The central claim of this essay is that Senghor’s brief representation of the
Wolof lexicon and the manner in which this representation is put to work in
the overall framework of his argument make his treatment of the language
strikingly similar to that found in an early colonial grammar published in
1829 by a former French governor of Senegal, Jacques-Franc¸ois, baron
Roger. This work, Recherches philosophiques sur la langue ouolofe ,
appeared in Paris two years after Roger’s term as governor ended, and parts
of the text are very much like Senghor’s in that they characterize the Wolof
language as encoding a vision of the world that is only now emerging in
western thought.
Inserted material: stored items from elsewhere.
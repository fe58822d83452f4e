-- ===== src/Actor/Specialist.antt =====
-- `_run_specialist_with_retry` of agents/graph.py. The events that it publishes are left out.
use Prim.Native.String.{◌++◌}
use tempa.Base.{ℕ, zero, suc, String, Option, none, some, ◌==◌, if◌then◌else◌}
use tempa.Base.Text.{includes}
use tempa.Tasks.{Status, in_progress, completed, failed, update_subtask}
use tempa.Actor.State.{Context, Attempt, returned, raised, stopped, Outside, State}

abbrev max_specialist_retries : ℕ
max_specialist_retries = 2

-- The loop over the attempts: `run` makes another, and `left` counts those that remain. `none` is
-- the CancelledError, which `except Exception` does not catch.
unfoldable pub attempts :
    {W : Type 0} (left : ℕ)
    → (run : W → Attempt × W) → (agent : String) → Attempt × W
    → Option String × W
attempts left run agent (returned result, w) = (some result, w)
attempts left run agent (stopped, w) = (none, w)
attempts zero run agent (raised last_error, w) =
    (some ("Agent " ++ agent ++ " failed after retries: " ++ last_error), w)
attempts (suc left) run agent (raised last_error, w) = attempts left run agent (run w)

module _ {W : Type 0} (o : Outside W) where
  -- `if task_id: update_subtask(task_id, agent, status)`
  unfoldable pub mark_subtask : (task_id agent : String) → Status → State W → State W
  mark_subtask task_id agent status s =
      if task_id == ""
      then s
      else record s { tasks = update_subtask task_id agent status (o.clock s.world) s.tasks }

  -- The status of the subtask after a result; a cancelled one stays in progress.
  unfoldable pub settle_subtask : (task_id agent : String) → Option String → State W → State W
  settle_subtask task_id agent none s = s
  settle_subtask task_id agent (some result) s =
      mark_subtask task_id agent
        (if includes result "failed after retries" then failed else completed) s

  unfoldable pub run_known :
      (agent task user_message task_id : String)
      → Context
      → Option ((task user_message : String) → Context → W → Attempt × W)
      → State W
      → Option String × State W
  run_known agent task user_message task_id ctx none s = (some ("Unknown agent: " ++ agent), s)
  run_known agent task user_message task_id ctx (some runner) s =
      let s' = mark_subtask task_id agent in_progress s in
      let run = runner task user_message ctx in
      let (result, w) = attempts max_specialist_retries run agent (run s'.world) in
      (result, settle_subtask task_id agent result (record s' { world = w }))

  unfoldable pub run_specialist_with_retry :
      (agent task user_message task_id : String) → Context → State W → Option String × State W
  unfolding run_known
  run_specialist_with_retry agent task user_message task_id ctx s =
      if o.is_cancelled s.world
      then (none, s)
      else run_known agent task user_message task_id ctx (o.runner agent) s
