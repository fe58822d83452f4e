-- ===== src/Actor/Loop.antt =====
-- `run_actor_loop` of orchestrator/actor_loop.py. The events that it publishes and the status lines
-- of the stream are left out.
use Prim.Native.String.{◌++◌}
use tempa.Base.{
  ℕ, zero, suc, String, Bool, true, false, not, ◌&&◌, Option, none, some, List, [], ◌∷◌, ◌==◌, map,
  if◌then◌else◌,
}
use mathlib.Core.Option
use tempa.Base.Dict
use tempa.Base.Dict.{Dict}
use tempa.Base.Text.{prefix}
use tempa.Base.Value.{str_ℕ}
use tempa.Waves.{Task}
use tempa.Actor.State.{Context, unanswered, Outside, State}
use tempa.Actor.Check.{verify_step, observe_step}
use tempa.Actor.Plan.{
  Config, Decision, replan, ask_owner, fail_replan, read_advice, others_of, flatten_queue,
}
use tempa.Actor.Collect.{Preview, collect_pending_from_results, add_new, needs_pause}
use tempa.Actor.Specialist.{run_specialist_with_retry}

-- What a step tells the loop: to go on with a queue, or to stop; `broken` is an exception.
pub data Next : Type 0 where
  go : List Task → Next
  pause : Next
  clarify : Option String → Next
  broken : Next

-- The variables of the loop.
pub record Run (W : Type 0) : Type 0 where
  pub results : Dict String
  pub ctx : Context
  pub pending_actions : List Preview
  pub state : State W

-- What the loop returns.
pub record Reply (W : Type 0) : Type 0 where
  pub final : Run W
  pub paused : Bool
  pub clarification : Option String

abbrev pub text_or : Option String → String
text_or none = ""
text_or (some s) = s

-- `str(task.get("_id") or f"{agent}-{idx}")`
abbrev pub step_id : (idx : ℕ) → Task → String
step_id idx t =
    if text_or t.task_id == "" then text_or t.agent ++ "-" ++ str_ℕ idx else text_or t.task_id

-- `str(task.get("task") or user_message)`
abbrev pub task_text : (user_message : String) → Task → String
task_text user_message t = if t.details == "" then user_message else t.details

-- `ctx[f"{agent}_result"] = raw`
abbrev pub with_result : (agent raw : String) → Context → Context
with_result agent raw ctx = record ctx {
  agent_results = Dict.put ctx.agent_results (agent ++ "_result") raw;
}

module _ {W : Type 0} (o : Outside W) (config : Config) where
  -- The state after the question about a failed step, with the decision.
  unfoldable pub replan_or_clarify :
      (user_message failed_agent failed_reason : String) → Context → List Task → W → Decision × W
  replan_or_clarify user_message failed_agent failed_reason ctx remaining w =
      if config.actor_replan_on_error
      then (let (advice, w') = o.ask user_message failed_agent failed_reason ctx remaining w in
          (read_advice failed_agent failed_reason advice, w'))
      else (read_advice failed_agent failed_reason unanswered, w)

  -- `register_open_clarification`, for a question that is not empty
  abbrev pub registered : Option String → Run W → Run W
  registered none r = r
  registered (some question) r =
      if question == ""
      then r
      else record r { state = record r.state { world = o.register question r.ctx r.state.world } }

  -- A plan with no tasks is no plan, and leaves no question either.
  unfoldable pub follow : Decision → Run W → Next × Run W
  follow (replan []) r = (clarify none, r)
  follow (replan (t ∷ tasks)) r = (go (flatten_queue (t ∷ tasks)), r)
  follow fail_replan r = (broken, r)
  follow (ask_owner question) r = (clarify (some question), registered (some question) r)

  -- The results and the pending actions after a step's result, with the context.
  abbrev pub recorded : (agent raw : String) → Run W → Context → Run W
  recorded agent raw r ctx = record r {
    results = Dict.put r.results agent raw;
    ctx = ctx;
    pending_actions =
        add_new r.pending_actions (collect_pending_from_results o.parse ((agent, raw) ∷ []));
  }

  -- None where `observe_step` raises.
  unfoldable pub record_step : (idx : ℕ) (user_message raw : String) → Task → Run W → Option (Run W)
  record_step idx user_message raw t r =
      let agent = text_or t.agent in
      Option.map (recorded agent raw r) (
        observe_step o.size agent raw (step_id idx t) (task_text user_message t) (o.parse raw)
          (with_result agent raw r.ctx))

  -- Whether the result of a step waits for the owner.
  unfoldable pub step_pauses : (agent raw : String) → Bool
  step_pauses agent raw = needs_pause (collect_pending_from_results o.parse ((agent, raw) ∷ []))

  unfoldable pub recover : (user_message agent reason : String) → List Task → Run W → Next × Run W
  unfolding follow
  recover user_message agent reason rest r =
      let (decision, w) = replan_or_clarify user_message agent reason r.ctx rest r.state.world in
      follow decision (record r { state = record r.state { world = w } })

  -- What comes after a step whose result is recorded.
  unfoldable pub decide : (user_message agent raw : String) → List Task → Run W → Next × Run W
  unfolding recover
  decide user_message agent raw rest r =
      let (ok, reason) = verify_step agent raw (o.parse raw) in
      if step_pauses agent raw
      then (pause, r)
      else if not ok && not (reason == "pending")
      then recover user_message agent reason rest r
      else (go rest, r)

  abbrev pub after_record :
      (user_message agent raw : String) → List Task → Run W → Option (Run W) → Option Next × Run W
  after_record user_message agent raw rest r none = (none, r)
  after_record user_message agent raw rest r (some r') =
      let (next, r'') = decide user_message agent raw rest r' in (some next, r'')

  abbrev pub after_run :
      (idx : ℕ) (user_message : String)
      → Task
      → List Task
      → Run W
      → Option String × State W
      → Option Next × Run W
  after_run idx user_message t rest r (none, s) = (none, record r { state = s })
  after_run idx user_message t rest r (some raw, s) =
      let r' : Run W = record r { state = s } in
      after_record user_message (text_or t.agent) raw rest r'
        (record_step idx user_message raw t r')

  -- The body of the loop; `none` where the run was cancelled or the step raised.
  unfoldable pub step :
      (task_id user_message : String) (idx : ℕ) → Task → List Task → Run W → Option Next × Run W
  step task_id user_message idx t rest r =
      if o.is_cancelled r.state.world
      then (none, r)
      else after_run idx user_message t rest r (
          run_specialist_with_retry o (text_or t.agent) (task_text user_message t) user_message
            task_id r.ctx r.state)

  -- How the loop ends: whether it paused, and the question; `none` is an exception.
  abbrev pub End : Type 0
  End = Option (Bool × Option String) × Run W

  abbrev pub proceed : (List Task → Run W → End) → Option Next × Run W → End
  proceed continue (none, r) = (none, r)
  proceed continue (some (go queue), r) = continue queue r
  proceed continue (some broken, r) = (none, r)
  proceed continue (some pause, r) = (some (true, none), r)
  proceed continue (some (clarify question), r) = (some (false, question), r)

  -- The loop: `left` is what remains of `actor_max_steps`, and the queue starts at `idx`.
  unfoldable pub steps : (task_id user_message : String) (left idx : ℕ) → List Task → Run W → End
  steps task_id user_message zero idx queue r = (some (false, none), r)
  steps task_id user_message (suc left) idx [] r = (some (false, none), r)
  steps task_id user_message (suc left) idx (t ∷ rest) r =
      proceed (steps task_id user_message left (suc idx)) (step task_id user_message idx t rest r)

  -- The pending actions of all results, and the pause that they ask for.
  unfoldable pub close : End → Option (Reply W)
  close (none, r) = none
  close (some (paused, question), r) =
      let pending = add_new r.pending_actions (collect_pending_from_results o.parse r.results) in
      some (record {
        final = record r { pending_actions = pending };
        paused = if paused then true else needs_pause pending;
        clarification = question;
      })

  abbrev pub override_or : Option (List Task) → List Task → List Task
  override_or none subtasks = others_of subtasks
  override_or (some queue) subtasks = queue

  -- The loop's variables before its first round.
  unfoldable pub first_run :
      (existing_results : Dict String) → List Task → Context → State W → Run W
  first_run existing_results queue ctx s = record {
    results = existing_results;
    ctx = record ctx { planned_steps = map (λ (t : Task). (t.agent, prefix 120 t.details)) queue };
    pending_actions = [];
    state = s;
  }

  unfoldable pub run_actor_loop :
      (user_message : String) (subtasks : List Task)
      → Context
      → (task_id : String) → (existing_results : Dict String) (queue_override : Option (List Task))
      → State W
      → Option (Reply W)
  unfolding close steps first_run
  run_actor_loop user_message subtasks ctx task_id existing_results queue_override s =
      let queue = flatten_queue (override_or queue_override subtasks) in
      close (
        steps task_id user_message config.actor_max_steps 0 queue
          (first_run existing_results queue ctx s))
To suggest that Senghor’s work echoes the tropes of
colonial discourse is hardly an original claim and it is possible to point to
colonial writers more recent than Roger whose work feeds directly into
Senghor’s exposition of negritude, not least Placide Tempels, whose
influential monograph La Philosophie Bantoue appeared in French in
1945. But to focus only on the relationship between Senghor and his
immediate predecessors is to overlook the ways in which his work interacts
with the colonial archive in a broader and more dynamic sense, a point that
can be brought out by looking more closely at the ways in which the work of
Tempels informs the theory of negritude before moving on to examine the
ways in which Senghor’s essay echoes the work of Roger.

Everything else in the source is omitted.